К слову сказать, часы были самые обыкновенные — фирмы «Победа», недорогие. Но, как известно из науки «экономика»: при почти полном отсутствии и коробок спичек становится пределом желаний.
В общем, Андрей Сергеич снял с руки часы и вручил Панихидину, а тот…
В этот момент я прервал рассказ моего друга словами:
— Но зачем же вы?.. Я бы отдал свои. Давайте заменим! Вот они…
Однако он категорически отказался, объяснив, что у него часы обычные, а у меня, он знает, сделанные по американскому военному заказу в Швейцарии и доставшиеся мне в городе Вена в первые дни после победы. Так ведь?.. Я признался, что так: что всю войну я был, как Панихидин, без часов, а после её окончания старшина моей роты Скрынников обменял их для меня на венском базаре, отдав взамен две пачки армянского табака «Давид Сасунский», которые входили в офицерский паёк.
Да, везунчик, всё-таки, наш Панихидин! Его фамилия так и не сыграла с ним злую шутку, а какие-нибудь Весельчаков или Веселовский за милую душу могли бы на его месте загнуться прямо там, на асфальте, или — что ещё хуже — потребовать от виновника-водителя, чтобы тот обеспечил им и всей их семье безбедное существование.
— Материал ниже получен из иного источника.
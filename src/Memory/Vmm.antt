-- ===== src/Memory/Vmm.antt =====
-- kernel/memory.cpp: `vmm_request` and `kmalloc`, with both allocators and the page tables.
pub mod Fresh
pub mod Mapped
pub mod Area
pub mod Kmalloc
pub mod Device
pub mod Exhausted
mod Tests
use xivix.Base.{
  ℕ, zero, suc, ◌+◌, ◌-◌, ◌*◌, ◌/◌, ◌%◌, Bool, true, false, if◌then◌else◌, ◌==◌, ltb, leb, has,
  bit_or, Option, none, some, ◌≡◌, refl,
}
use xivix.Base.Word.{u32}
use xivix.Memory.{PageAllocator, page_size, mx_io, mx_alloc, mx_pre, set_extent, find_type_extent}
use xivix.Memory.Allocate.{Part, Request, allocate}
use xivix.Memory.Paging.{Paging, pg_writable, pg_large, count_page_structs, map_page, map_pages}
use mathlib.Core.Option

-- `phymm`, and the page tables with `vmm`.
pub record Vm : Type 0 where
  pub paging : Paging
  pub phymm : PageAllocator

abbrev pub physical : Part Vm
physical = record {
  get = λ s. s.phymm;
  put = λ a s. record s { phymm = a };
  get_put = λ a s. refl;
  put_put = λ a b s. refl;
}

abbrev pub virtual : Part Vm
virtual = record {
  get = λ s. s.paging.vmm;
  put = λ a s. record s { paging = record s.paging { vmm = a } };
  get_put = λ a s. refl;
  put_put = λ a b s. refl;
}

-- The flags of a request.
abbrev pub rq_hint : ℕ
rq_hint = 0x1

abbrev pub rq_rw : ℕ
rq_rw = 0x2

abbrev pub rq_alloc : ℕ
rq_alloc = 0x4

abbrev pub rq_large : ℕ
rq_large = 0x80

abbrev pub rq_wcd : ℕ
rq_wcd = 0x400

abbrev pub rq_rcd : ℕ
rq_rcd = 0x800

-- `mapflag`
unfoldable pub map_flags : ℕ → ℕ
map_flags flag =
    let rw_flag = if has flag rq_rw then pg_writable else 0 in
    let cd_flag = if has flag rq_rcd then 0x10 else 0 in
    let wt_flag = if has flag rq_wcd then 0x8 else 0 in
    rw_flag + cd_flag + wt_flag + (if has flag rq_large then pg_large else 0)

-- The use of the virtual memory of a request.
unfoldable pub kind_of : ℕ → ℕ
kind_of flag = if has flag rq_alloc then mx_alloc else mx_io

-- The whole pages of `sz` bytes.
unfoldable pub page_count : ℕ → ℕ
page_count sz = sz / page_size + (if ltb 0 (sz % page_size) then 1 else 0)

-- The pages at the address that is asked for: where they begin and end.
unfoldable pub place_hint : ℕ → ℕ → ℕ → Vm → Option (ℕ × ℕ) × Vm
place_hint sz hint flag s =
    let bega = hint / page_size * page_size in
    let enda = u32 (bega + page_count sz * page_size) in
    if leb enda bega then (none, s) else if ltb bega 0x1_0000 then (none, s) else (
      some (bega, enda),
      virtual.put (set_extent bega ((enda - bega) / page_size) (kind_of flag) (virtual.get s)) s,
    )

-- Pages wherever there are enough of them.
unfoldable pub place_any : Request Vm → ℕ → ℕ → Vm → Option (ℕ × ℕ) × Vm
place_any request sz flag s =
    let pgc = page_count sz in
    let (bu, s') = allocate virtual request pgc (kind_of flag) s in
    let bega = u32 bu in
    let enda = u32 (bega + pgc * page_size) in
    if ltb enda bega then (none, s') else (some (bega, enda), s')

-- `n` pages of physical memory at `bega` and behind it. The Boolean says that there were enough.
unfoldable pub map_fresh : Request Vm → ℕ → ℕ → ℕ → ℕ → Vm → Bool × Vm
map_fresh request pg_size zero bega mapflag s = (true, s)
map_fresh request pg_size (suc n) bega mapflag s =
    let (ph, s') = allocate physical request 1 mx_alloc s in
    let rest =
      map_fresh request pg_size n (bega + pg_size) mapflag
        (record s' { paging = map_page ph bega mapflag s'.paging }) in
    if ph == 0 then (false, s') else rest

-- Memory for the page tables of a request, in reserve.
unfoldable pub reserve : Request Vm → ℕ → Vm → Bool × Vm
reserve request pgsr s =
    let (bu, s') = allocate virtual request pgsr mx_pre s in
    if bu == 0 then (false, s') else map_fresh request page_size pgsr bu pg_writable s'

unfoldable pub add_structs : Request Vm → ℕ → ℕ → Vm → Bool × Vm
add_structs request bega enda s =
    let pgsr = count_page_structs bega ((enda - bega) / page_size) s.paging in
    if pgsr == 0 then (true, s) else elim (find_type_extent 1 mx_pre (virtual.get s).extents) [
      | none ↦ reserve request (u32 (pgsr + 8)) s
      | some i ↦ reserve request pgsr s
    ]

-- The last part of `vmm_request`: a round for the page at `bega`, and one for each page behind it that begins below
-- `enda`. A large page that would go beyond 4 GB, where `bega` wraps, is not modelled.
unfoldable pub map_range : Request Vm → ℕ → ℕ → ℕ → ℕ → Vm → ℕ × Vm
map_range request bega enda phys flag s =
    let pg_size = if has flag rq_large then 0x20_0000 else page_size in
    let more = (enda - bega - 1) / pg_size in
    if has flag rq_alloc
    then (let (ok, s') = map_fresh request pg_size (suc more) bega (map_flags flag) s in
        (if ok then bega else 0, s'))
    else (bega, record s { paging = map_pages pg_size more phys bega (map_flags flag) s.paging })

unfoldable pub fill : Request Vm → ℕ → ℕ → Option (ℕ × ℕ) × Vm → ℕ × Vm
fill request phys flag (none, s) = (0, s)
fill request phys flag (some (bega, enda), s) =
    let structs = if has flag rq_large then (true, s) else add_structs request bega enda s in
    if structs.0 then map_range request bega enda phys flag structs.1 else (0, structs.1)

-- A call of `vmm_request` for `sz` bytes, with what the calls do that `allocate` makes.
unfoldable pub vmm_call : Request Vm → ℕ → ℕ → ℕ → ℕ → Vm → ℕ × Vm
vmm_call request sz hint phys flag s =
    fill request phys flag
      (if has flag rq_hint then place_hint sz hint flag s else place_any request sz flag s)

-- `vmm_request`, with `depth` calls inside each other; one more has no memory.
unfoldable pub vmm_request : ℕ → ℕ → ℕ → ℕ → ℕ → Vm → ℕ × Vm
vmm_request zero sz hint phys flag s = vmm_call (λ n t. (0, t)) sz hint phys flag s
vmm_request (suc depth) sz hint phys flag s =
    vmm_call (λ n t. vmm_request depth n 0 0 (bit_or rq_rw rq_alloc) t) sz hint phys flag s

-- `kmalloc`
unfoldable pub kmalloc : ℕ → ℕ → Vm → ℕ × Vm
kmalloc depth l s = vmm_request depth l 0 0 (bit_or rq_rw rq_alloc) s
В Москву мы прибыли к вечеру того же дня, и, оказавшись дома, я не испытал заметного облегчения. Несмотря на то, что стрелка моего внутреннего барометра, показывающая градус нервного напряжения, передвинулась с отметки СП («судебный процесс») в сторону отметки ДТП («дорожно-транспортное происшествие»), лучше от этого не стало: теперь на меня давил груз обоих событий.
2
На следующий день после приезда я с утра отправился туда, где находилась московская автоинспекция. Хорошо известно, что все, попадающие туда, чувствуют себя, как правило, без вины виноватыми, а уж если ты и правда виноват, тобой овладевает ощущение поднимающегося на эшафот. Моё состояние было примерно таким же, хотя находился я не на Гревской площади в Париже, а всего лишь на Болотной у Москворецкого моста. Начальником там была пожилая полная грузинка, «подполковница». Ожидал я приёма долго, с раздражением предвкушая неудовольствие лицезреть облечённую властью даму и слышать её категорический тон. (Контролировать своё раздражение я всегда умел плохо, что значительно осложняло все восемь лет моей военной службы и впятеро больше лет общения с различными издательствами.)
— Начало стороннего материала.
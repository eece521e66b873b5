-- ===== src/Edge/Sync/Syncing.antt =====
-- No event is left in the middle of a synchronization.
use trinetra_systems.Common.{
  ℕ, filter, filter-Mem, Mem-filter, Bool, Bool-cases, true, false, not, ◌||◌, List, [], ◌∷◌,
  map-Mem, Memᴰ, Option-cases, String, string_eq, includes, Mem→includes, eq_comm, ◌==◌, ◌≡◌, ◌≢◌,
  ◌⊎◌, inl, inr, refl, sym, ap, ◌∙◌, ◌+◌, arith, if◌then◌else◌,
}
use trinetra_systems.Edge.Events.{
  QueueStatus, QueueStatus-discrete, queue_status_eq, QueuedEvent, should_retry,
}
use trinetra_systems.Edge.Store.{
  Store, LocalFile, LocalConflict, AuditAction, event_ids, prune, list_by_status, update_first,
  update, mark_file_synced, add_conflict, write_audit, or_default,
}
use trinetra_systems.Edge.Store.Sound.{IsSound, IsSound-closed, Distinct}
use trinetra_systems.Edge.Sync.{
  SyncConfig, Backend, Loop, Ack, AckStatus, Answer, ClientError, as_pending, as_syncing, each,
  recover_orphaned_syncing, upload_files, mark_syncing, failed_patch, fail_event, synced_patch,
  waiting_patch, conflict_patch, apply_ack, last_ack, acknowledge, apply_acks, fail_all,
  error_message, tick,
}
use trinetra_systems.Edge.Sync.Closed.{
  KeepsIdentity, as_pending-KeepsIdentity, as_syncing-KeepsIdentity, failed_patch-KeepsIdentity,
  synced_patch-KeepsIdentity, waiting_patch-KeepsIdentity, conflict_patch-KeepsIdentity,
}
use trinetra_systems.Edge.Sync.Round.{Answer-cases, Sent, uploads, tick-Sent}

-- Every event that is being synchronized has one of the ids.
abbrev Within : List String → Store → Type 0
Within ids s =
    (e : QueuedEvent)
    → Memᴰ e s.events
    → e.status ≡ QueueStatus.syncing
    → includes ids e.event_id ≡ true

abbrev SoundWithin : List String → Store → Type 0
SoundWithin ids s = IsSound s × Within ids s

prune-Within : (ids : List String) (s : Store) → Within ids s → Within ids (prune s)
unfolding prune
prune-Within ids s w e m = w e (filter-Mem _ s.events e m).0

-- An event of the patched list is the patched one, or another one.
update_first-Mem :
    (id : String) (patch : QueuedEvent → QueuedEvent) (es : List QueuedEvent) (e : QueuedEvent)
    → Distinct (event_ids es)
    → Memᴰ e (update_first id patch es)
    → ((x : QueuedEvent) × (e ≡ patch x) × (x.event_id ≡ id))
      ⊎ (Memᴰ e es × ((id == e.event_id) ≡ false))
unfolding update_first
update_first-Mem id patch [] e d m = elim m [ ]
update_first-Mem id patch (x ∷ es) e (fresh, d) m = elim (Bool-cases (x.event_id == id)) [
  | inl t ↦ elim (rw t at m) [
    | Memᴰ.head same ↦ inl (x, same, (string_eq.test_iff x.event_id id).0 t)
    | Memᴰ.tail n ↦ inr (Memᴰ.tail n, later n t)
  ]
  | inr f ↦ elim (rw f at m) [
    | Memᴰ.head same ↦ inr (
      Memᴰ.head same,
      eq_comm id e.event_id ∙ ap (λ (y : QueuedEvent). y.event_id == id) same ∙ f,
    )
    | Memᴰ.tail n ↦ elim (update_first-Mem id patch es e d n) [
      | inl p ↦ inl p
      | inr (k, g) ↦ inr (Memᴰ.tail k, g)
    ]
  ]
]
  where
    later : Memᴰ e es → (x.event_id == id) ≡ true → (id == e.event_id) ≡ false
    later n t = elim (Bool-cases (id == e.event_id)) [
      | inr f ↦ f
      | inl u ↦ absurd (
          cc (
            fresh,
            Mem→includes (event_ids es) e.event_id
                (map-Mem (λ (y : QueuedEvent). y.event_id) es e n),
            (string_eq.test_iff x.event_id id).0 t,
            (string_eq.test_iff id e.event_id).0 u,
          ))
    ]

-- A patch that ends the synchronization of an event takes its id off the list.
update-Within :
    (id : String) (patch : QueuedEvent → QueuedEvent) (ids : List String) (s : Store)
    → ((e : QueuedEvent) → (patch e).status ≢ QueueStatus.syncing)
    → IsSound s
    → Within (id ∷ ids) s
    → Within ids (update id patch s)
unfolding update includes
update-Within id patch ids s ends v w = prune-Within ids _ λ e m syncing.
    elim (update_first-Mem id patch s.events e v.events m) [
      | inl (x, same, _) ↦ absurd (ends x (sym (ap (λ (y : QueuedEvent). y.status) same) ∙ syncing))
      | inr (n, other) ↦
          let listed : (id == e.event_id) || includes ids e.event_id ≡ true = w e n syncing in
          rw other at listed
    ]

begin-Within :
    (id : String) (patch : QueuedEvent → QueuedEvent) (ids : List String) (s : Store)
    → ((e : QueuedEvent) → (patch e).event_id ≡ e.event_id)
    → includes ids id ≡ true
    → IsSound s
    → Within ids s
    → Within ids (update id patch s)
unfolding update
begin-Within id patch ids s k listed v w = prune-Within ids _ λ e m syncing.
    elim (update_first-Mem id patch s.events e v.events m) [
      | inl (x, same, named) ↦
          let own : e.event_id ≡ id = ap (λ (y : QueuedEvent). y.event_id) same ∙ k x ∙ named in
          ap (includes ids) own ∙ listed
      | inr (n, _) ↦ w e n syncing
    ]

abbrev Ends : (QueuedEvent → Store → Store) → Type 0
Ends f =
    (e : QueuedEvent) (ids : List String) (s : Store)
    → SoundWithin (e.event_id ∷ ids) s
    → SoundWithin ids (f e s)

each-Ends :
    (f : QueuedEvent → Store → Store)
    → Ends f
    → (events : List QueuedEvent) (s : Store) → SoundWithin (event_ids events) s
    → SoundWithin [] (each f events s)
each-Ends f ends [] s p = p
each-Ends f ends (e ∷ es) s p = each-Ends f ends es (f e s) (ends e (event_ids es) s p)

update_ends :
    (id : String) (patch : QueuedEvent → QueuedEvent) (ids : List String) (s : Store)
    → KeepsIdentity patch
    → ((e : QueuedEvent) → (patch e).status ≢ QueueStatus.syncing)
    → SoundWithin (id ∷ ids) s
    → SoundWithin ids (update id patch s)
update_ends id patch ids s k ends (v, w) =
    (IsSound-closed.updates id patch s tt k v, update-Within id patch ids s ends v w)

audit_keeps :
    (action : AuditAction) (id : String) (ids : List String) (s : Store)
    → SoundWithin ids s
    → SoundWithin ids (write_audit action id s)
unfolding write_audit
audit_keeps action id ids s (v, w) = (IsSound-closed.audits action id s v, prune-Within ids _ w)

file_keeps :
    (id : String) (ids : List String) (s : Store)
    → SoundWithin ids s
    → SoundWithin ids (mark_file_synced id s)
unfolding mark_file_synced
file_keeps id ids s (v, w) = (IsSound-closed.files id s v, prune-Within ids _ w)

either_Within :
    (known : Bool) (ids : List String) (s s' : Store)
    → Within ids s
    → Within ids s'
    → Within ids (if known then s else s')
either_Within true ids s s' w w' = w
either_Within false ids s s' w w' = w'

conflict_keeps :
    (c : LocalConflict) (ids : List String) (s : Store)
    → SoundWithin ids s
    → SoundWithin ids (add_conflict c s)
unfolding add_conflict
conflict_keeps c ids s (v, w) =
    (IsSound-closed.conflicts c s v, prune-Within ids _ (either_Within _ ids s _ w w))

recover-Ends : Ends (λ (e : QueuedEvent). update e.event_id as_pending)
recover-Ends e ids s = update_ends e.event_id as_pending ids s as_pending-KeepsIdentity (λ e h. cc)

failed_status :
    (dead : Bool)
    → (if dead then QueueStatus.dead_letter else QueueStatus.failed) ≢ QueueStatus.syncing
failed_status true h = cc
failed_status false h = cc

fail_event-Ends :
    (config : SyncConfig) (now : ℕ) (message : String) → Ends (λ e. fail_event config now e message)
unfolding fail_event
fail_event-Ends config now message e ids s p = audit_keeps _ _ ids _ (
    update_ends e.event_id (failed_patch config now e message) ids s
      (failed_patch-KeepsIdentity config now e message)
      (λ x. failed_status (not (should_retry (e.retry_count + 1) config.max_retries))) p)

apply_ack-Ends :
    (config : SyncConfig) (now : ℕ) (ack : Ack) (status : AckStatus)
    → Ends (λ e. apply_ack config now e ack status)
unfolding apply_ack
apply_ack-Ends config now ack AckStatus.accepted e ids s p =
    audit_keeps _ _ ids _ (
      update_ends e.event_id (synced_patch now) ids s (synced_patch-KeepsIdentity now) (λ e h. cc)
        p)
apply_ack-Ends config now ack AckStatus.already_processed e ids s p =
    audit_keeps _ _ ids _ (
      update_ends e.event_id (synced_patch now) ids s (synced_patch-KeepsIdentity now) (λ e h. cc)
        p)
apply_ack-Ends config now ack AckStatus.dependency_pending e ids s p =
    update_ends e.event_id (waiting_patch now ack.message) ids s
      (waiting_patch-KeepsIdentity now ack.message) (λ e h. cc) p
apply_ack-Ends config now ack AckStatus.conflict e ids s p = audit_keeps _ _ ids _ (
    conflict_keeps _ ids _ (
      update_ends e.event_id (conflict_patch ack.message) ids s
        (conflict_patch-KeepsIdentity ack.message) (λ e h. cc) p))
apply_ack-Ends config now ack AckStatus.rejected e ids s p =
    fail_event-Ends config now (or_default ack.message "Event rejected") e ids s p

acknowledge-Ends :
    (config : SyncConfig) (now : ℕ) (acks : List Ack) → Ends (acknowledge config now acks)
unfolding acknowledge
acknowledge-Ends config now acks e ids s p = elim (Option-cases (last_ack e.event_id acks)) [
  | inl h ↦
      rw (h, acknowledge) (fail_event-Ends config now "Sync acknowledgement missing" e ids s p)
  | inr (ack, h) ↦ rw (h, acknowledge) (apply_ack-Ends config now ack ack.status e ids s p)
]

recovered : (s : Store) → IsSound s → SoundWithin [] (recover_orphaned_syncing s)
unfolding recover_orphaned_syncing list_by_status QueueStatus-discrete
recovered s v = each-Ends _ recover-Ends (list_by_status QueueStatus.syncing s) s (
  v,
  λ e m syncing.
      let listed : Memᴰ e (filter (λ (x : QueuedEvent). x.status == QueueStatus.syncing) s.events) =
        Mem-filter _ s.events e m (ground arith) in
      Mem→includes _ e.event_id (map-Mem (λ (x : QueuedEvent). x.event_id) _ e listed),
)

uploaded :
    (upload : LocalFile → Answer (Unit {0})) (files : List LocalFile) (s : Store)
    → SoundWithin [] s
    → SoundWithin [] (upload_files upload files s).0
unfolding upload_files
uploaded upload [] s p = p
uploaded upload (f ∷ fs) s p = elim (Answer-cases (upload f)) [
  | inl (done, h) ↦
      rw (h, upload_files)
        (uploaded upload fs (mark_file_synced f.file_id s) (file_keeps f.file_id [] s p))
  | inr (ClientError.auth_failed m, h) ↦ rw (h, upload_files) p
  | inr (ClientError.unavailable m, h) ↦ rw (h, upload_files) p
  | inr (ClientError.other_error m, h) ↦ rw (h, upload_files) (uploaded upload fs s p)
]

each_begins :
    (now : ℕ) (ids : List String) (batch : List QueuedEvent) (s : Store)
    → ((e : QueuedEvent) → Memᴰ e batch → includes ids e.event_id ≡ true)
    → SoundWithin ids s
    → SoundWithin ids (each (λ (e : QueuedEvent). update e.event_id (as_syncing now)) batch s)
each_begins now ids [] s listed p = p
each_begins now ids (e ∷ es) s listed (v, w) =
    each_begins now ids es (update e.event_id (as_syncing now) s) (λ x m. listed x (Memᴰ.tail m))
      (
        IsSound-closed.updates e.event_id (as_syncing now) s tt (as_syncing-KeepsIdentity now) v,
        begin-Within e.event_id (as_syncing now) ids s (λ x. refl) (listed e (Memᴰ.head refl)) v w,
      )

marked :
    (now : ℕ) (batch : List QueuedEvent) (s : Store)
    → SoundWithin [] s
    → SoundWithin (event_ids batch) (mark_syncing now batch s)
unfolding mark_syncing includes
marked now batch s (v, w) =
    each_begins now (event_ids batch) batch s
      (λ e m. Mem→includes _ e.event_id (map-Mem (λ (x : QueuedEvent). x.event_id) batch e m))
      (v, λ e m syncing. absurd (cc (w e m syncing)))

Sent-ends :
    (config : SyncConfig) (now : ℕ) (batch : List QueuedEvent) (s s' : Store)
    → SoundWithin [] s
    → Sent config now batch s s'
    → SoundWithin [] s'
unfolding apply_acks fail_all
Sent-ends config now batch s s' p (inl (acks, e)) =
    rw e (each-Ends _ (acknowledge-Ends config now acks) batch _ (marked now batch s p))
Sent-ends config now batch s s' p (inr (error, e)) =
    rw e (
      each-Ends _ (fail_event-Ends config now (error_message error)) batch _ (marked now batch s p))

-- From a sound store on, a round that is not skipped leaves no event in the status SYNCING,
-- whatever the backend answers and however the batch is chosen.
pub tick-status :
    (config : SyncConfig) (now : ℕ) (backend : Backend) (l : Loop)
    → IsSound l.store
    → l.paused ≡ false
    → l.syncing ≡ false
    → (e : QueuedEvent) → Memᴰ e (tick config now backend l).0.store.events
    → e.status ≢ QueueStatus.syncing
unfolding includes
tick-status config now backend l v running free e m syncing =
    let before : SoundWithin [] (uploads backend l) =
      uploaded backend.upload_file _ _ (recovered l.store v) in
    let after : SoundWithin [] (tick config now backend l).0.store =
      elim (tick-Sent config now backend l) [
        | inl (_, off) ↦ absurd (cc (rw (running, free) at off))
        | inr (inl left) ↦ rw left before
        | inr (inr sent) ↦ Sent-ends config now _ (uploads backend l) _ before sent
      ] in
    absurd (cc (after.1 e m syncing))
Впрочем, если по правде, то подполковница больше походила на суровую, не знающую поблажек, но, по сути, справедливую мать, нежели на какого-то начальника.
Ещё одно руководящее лицо, тоже прекрасного пола, к которому я пошёл на другой день, располагалось также возле большой площади, названной в честь Дзержинского (председателя ВЧК, ГПУ, ОГПУ — все сокращения ничего хорошего из себя не представляют, и расшифровывать их не хочется). Руководящее лицо выглядело бы вполне привлекательным, если бы на нём не было такого холодного и утомлённого выражения. Во всяком случае, при общении со мной. Наша встреча происходила, к счастью, не в том здании, в котором недавно мне пришлось, не по своей воле, побывать, а совсем в другом, наискосок от него, где два этажа занимало издательство детской литературы. И пришёл я сюда, чтобы узнать, как обстоит дело с моей заявкой на новую книгу рассказов, поданную незадолго до ареста Юлия Даниэля. Ответ был таким, какого я ждал, но от этого не сделался приятней. Привлекательное руководящее лицо вежливо сообщило, что моя рукопись не может быть включена в план выпуска, поскольку не была одобрена редакционным советом, и рецензии на неё тоже не были благоприятными.